Friday 20 September 2013

Numbers in History, statistics, testicles

Numbers have had an important part in our understanding of the past, both in war and peace. Voltaire and Napoleon, among others I am sure, have had the aphorism ‘God is on the side of the big battalions’ attributed to them and numbers notoriously played a big part in Western Front trench attritional warfare 1914-18. The centenary for the commencement of the Great War will be well marked next year. With the development of electronic technology and computers, counting and recording numbers has become easier. Interesting, if not significant, correlations are sought, particularly in the area of health. It is numbers [of deaths] that have led to the ‘special measures’ for 14 hospital trusts in the UK. A report, publicised by the BBC [10 Sept 2013], has stated there is a link ‘between the size of a father’s testicles and how active he is in bringing up his children …’. Published correlations between life-style patterns and health are numerous.

From the point of view of the study of the past, the trouble with numbers, that is statistics, is that they can divert from at least part, if not all, the central focus of History study.
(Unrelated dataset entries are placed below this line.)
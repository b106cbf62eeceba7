-- ===== src/SpeedLimit/Tests.antt =====
-- The rate control at concrete rounds.
use contention_prof.Base.{◌≤◌, ◌≡◌, ◌≢◌, refl, true, arith, [], ◌∷◌, ◌⊎◌, sub64}
use contention_prof.Base.Int.{pos, ◌-ℤ◌}
use contention_prof.SpeedLimit.{
  SpeedLimit, initial, sampling_base, update_speed_limit, next_range, first_range, clamp_range,
}
use contention_prof.SpeedLimit.Range.{
  IsValid, update_speed_limit_cases, next_range_between, next_range_steady,
}
use contention_prof.SpeedLimit.Sampling.{accepted, accepted_lem, calls, calls_before_grab}

-- sampled at a quarter, after a first grab
abbrev quarter : SpeedLimit
quarter = record {
  sampling_range = 4096;
  ever_grabbed = true;
  count_before_grabbed = 12;
  first_sample_real_us = pos 1000;
}

-- 400 samples in a tenth of a second, where 100 were wanted
busy_round :
    (update_speed_limit 1000 quarter 600 1000 (pos 100_000) (pos 0)).0.sampling_range ≡ 3788
unfolding update_speed_limit next_range clamp_range
busy_round = refl

-- The first sample's time is monotonic and the other clock is the wall clock: the difference is
-- half a century.
first_round_wraps :
    first_range 1000 1
      (pos 100_000)
      (pos 1_700_000_000_000_000)
      (record initial { first_sample_real_us = pos 5_000_000 })
    ≡ 16_663_110_852_286
unfolding first_range ◌-ℤ◌
first_round_wraps = refl

update_speed_limit_cases_example :
    let (sl', last') = update_speed_limit 1000 quarter 600 1000 (pos 100_000) (pos 0) in
    ((sub64 1000 600 ≡ 0) × (sl' ≡ quarter) × (last' ≡ 600))
    ⊎ ((sub64 1000 600 ≢ 0)
        × IsValid sl'
        × (sl'.ever_grabbed ≡ true)
        × (sl'.count_before_grabbed ≡ 12)
        × (sl'.first_sample_real_us ≡ pos 1000)
        × (last' ≡ 1000))
update_speed_limit_cases_example =
    update_speed_limit_cases 1000 quarter 600 1000 (pos 100_000) (pos 0)

next_range_between_example :
    (1024 ≤ next_range 1000 400 100_000 4096) × (next_range 1000 400 100_000 4096 ≤ 4096)
next_range_between_example =
    next_range_between 1000 400 100_000 4096 1024 4096 (omega arith) (omega arith) (omega arith)
      (omega arith) (omega arith) (omega arith) (omega arith) (omega arith) (omega arith)
      (omega arith)

next_range_steady_example : next_range 1000 100 100_000 4096 ≡ 4096
next_range_steady_example =
    next_range_steady 1000 100 100_000 4096 (omega arith) (omega arith) refl (omega arith)
      (omega arith)

quarter-IsValid : IsValid quarter
quarter-IsValid = omega arith

accepted_lem_example : accepted 1000 5 quarter sampling_base ≡ 4096
accepted_lem_example = accepted_lem 1000 5 quarter refl quarter-IsValid

calls_before_grab_example :
    calls 1000 (70 ∷ 80 ∷ 90 ∷ []) initial
    ≡ record initial { count_before_grabbed = 3; first_sample_real_us = pos 70 }
calls_before_grab_example = calls_before_grab 1000 70 (80 ∷ 90 ∷ []) (omega arith)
The focus is Man in society in the past. Individuals ought to be the irreducible foundation of History. The sense of this comment is illustrated by the example of statistics on unemployment. When it is reported that unemployment is lowered to, say, 3.7 per cent it should be remembered that each one of the men and women who make up that 3.7 percent is 100 per cent unemployed and their life is hugely damaged by that.


Update 5 June 2014. [Original post 20 Sept. 2013.]
It is not only the Sempringham blog that draws attention to obsession with numbers. Is there a sense of Wallace-Darwin type synchronicity here? The BBC magazine published an article on 26 May 2014 by James Fletcher that highlights ‘spurious correlations’ and he mentions the ‘spurious correlation’ between margarine consumption and divorce. A Harvard student has created a website titled ‘Spurious Correlations’ that invites vivid examples. As Michael Oakeshott, On History, Basil Blackwell, 1983, persuasively elucidates, only evidence of connection between one circumstance and another is justification for a claim of relation between the two: coincidence is not enough. That means margarine is freed from all culpability!

Contributor: Geoff Williams. Sempringham [ehistory.org.uk] eLearning Office.